Exercise goal:
Check each line of the entries for the string "held". Report only how many lines have it.

Provided data:
<<<<

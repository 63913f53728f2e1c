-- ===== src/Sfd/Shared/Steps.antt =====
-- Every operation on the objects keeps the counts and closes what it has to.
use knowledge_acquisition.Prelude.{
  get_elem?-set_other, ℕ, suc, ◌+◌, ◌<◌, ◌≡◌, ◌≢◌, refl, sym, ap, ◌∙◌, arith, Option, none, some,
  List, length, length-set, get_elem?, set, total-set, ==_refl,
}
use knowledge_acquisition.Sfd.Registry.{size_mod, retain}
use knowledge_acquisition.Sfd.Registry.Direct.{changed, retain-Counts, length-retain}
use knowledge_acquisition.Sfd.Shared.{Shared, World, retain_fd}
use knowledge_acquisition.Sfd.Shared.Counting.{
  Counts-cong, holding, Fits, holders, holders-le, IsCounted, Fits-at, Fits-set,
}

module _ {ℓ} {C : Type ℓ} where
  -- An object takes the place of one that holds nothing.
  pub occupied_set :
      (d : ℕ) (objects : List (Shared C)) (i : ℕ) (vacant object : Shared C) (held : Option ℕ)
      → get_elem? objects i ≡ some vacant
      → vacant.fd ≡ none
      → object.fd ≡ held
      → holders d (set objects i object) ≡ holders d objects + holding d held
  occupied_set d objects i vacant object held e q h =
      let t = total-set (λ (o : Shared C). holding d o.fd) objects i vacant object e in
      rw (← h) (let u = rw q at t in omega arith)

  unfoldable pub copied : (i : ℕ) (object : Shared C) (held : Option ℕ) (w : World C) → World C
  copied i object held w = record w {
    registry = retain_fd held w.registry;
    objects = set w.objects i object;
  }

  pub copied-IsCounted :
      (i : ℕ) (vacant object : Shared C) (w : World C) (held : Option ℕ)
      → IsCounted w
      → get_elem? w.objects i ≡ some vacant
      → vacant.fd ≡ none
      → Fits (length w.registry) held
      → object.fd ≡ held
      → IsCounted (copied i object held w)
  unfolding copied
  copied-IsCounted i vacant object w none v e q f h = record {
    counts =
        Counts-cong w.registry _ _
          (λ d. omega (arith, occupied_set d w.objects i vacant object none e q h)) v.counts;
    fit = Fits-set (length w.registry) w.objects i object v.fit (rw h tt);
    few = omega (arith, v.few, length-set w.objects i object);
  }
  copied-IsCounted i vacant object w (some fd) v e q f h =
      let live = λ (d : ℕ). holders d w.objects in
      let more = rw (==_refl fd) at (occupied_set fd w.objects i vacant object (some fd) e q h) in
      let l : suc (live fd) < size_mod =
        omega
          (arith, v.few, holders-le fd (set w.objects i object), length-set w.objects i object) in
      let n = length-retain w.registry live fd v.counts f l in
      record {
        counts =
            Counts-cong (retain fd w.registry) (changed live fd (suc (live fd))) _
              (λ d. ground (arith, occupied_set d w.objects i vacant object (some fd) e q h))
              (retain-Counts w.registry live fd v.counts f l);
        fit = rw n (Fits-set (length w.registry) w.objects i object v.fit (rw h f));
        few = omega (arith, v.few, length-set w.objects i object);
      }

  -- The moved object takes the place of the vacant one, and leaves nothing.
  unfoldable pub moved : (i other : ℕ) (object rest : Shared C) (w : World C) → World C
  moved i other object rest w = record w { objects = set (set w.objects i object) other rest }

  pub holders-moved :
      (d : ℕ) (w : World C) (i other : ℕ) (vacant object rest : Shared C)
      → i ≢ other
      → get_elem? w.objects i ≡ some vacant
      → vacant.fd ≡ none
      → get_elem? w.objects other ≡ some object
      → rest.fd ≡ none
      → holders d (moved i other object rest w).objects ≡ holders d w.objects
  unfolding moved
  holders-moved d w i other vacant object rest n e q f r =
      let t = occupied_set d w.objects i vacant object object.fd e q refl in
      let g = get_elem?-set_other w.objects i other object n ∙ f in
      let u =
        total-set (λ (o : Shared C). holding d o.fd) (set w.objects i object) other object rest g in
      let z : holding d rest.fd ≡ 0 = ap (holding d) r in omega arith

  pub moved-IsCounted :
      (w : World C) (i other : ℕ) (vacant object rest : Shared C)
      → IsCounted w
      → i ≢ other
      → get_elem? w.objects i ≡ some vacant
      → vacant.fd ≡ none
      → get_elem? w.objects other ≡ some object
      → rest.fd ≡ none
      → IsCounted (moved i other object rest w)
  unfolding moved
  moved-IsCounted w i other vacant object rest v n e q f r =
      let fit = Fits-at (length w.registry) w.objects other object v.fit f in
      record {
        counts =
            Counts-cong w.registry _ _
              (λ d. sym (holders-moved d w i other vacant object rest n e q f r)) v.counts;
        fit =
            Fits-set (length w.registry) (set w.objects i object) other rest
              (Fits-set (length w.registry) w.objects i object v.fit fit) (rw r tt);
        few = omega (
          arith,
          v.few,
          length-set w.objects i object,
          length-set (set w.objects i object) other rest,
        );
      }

>>>>

Expected answer:
11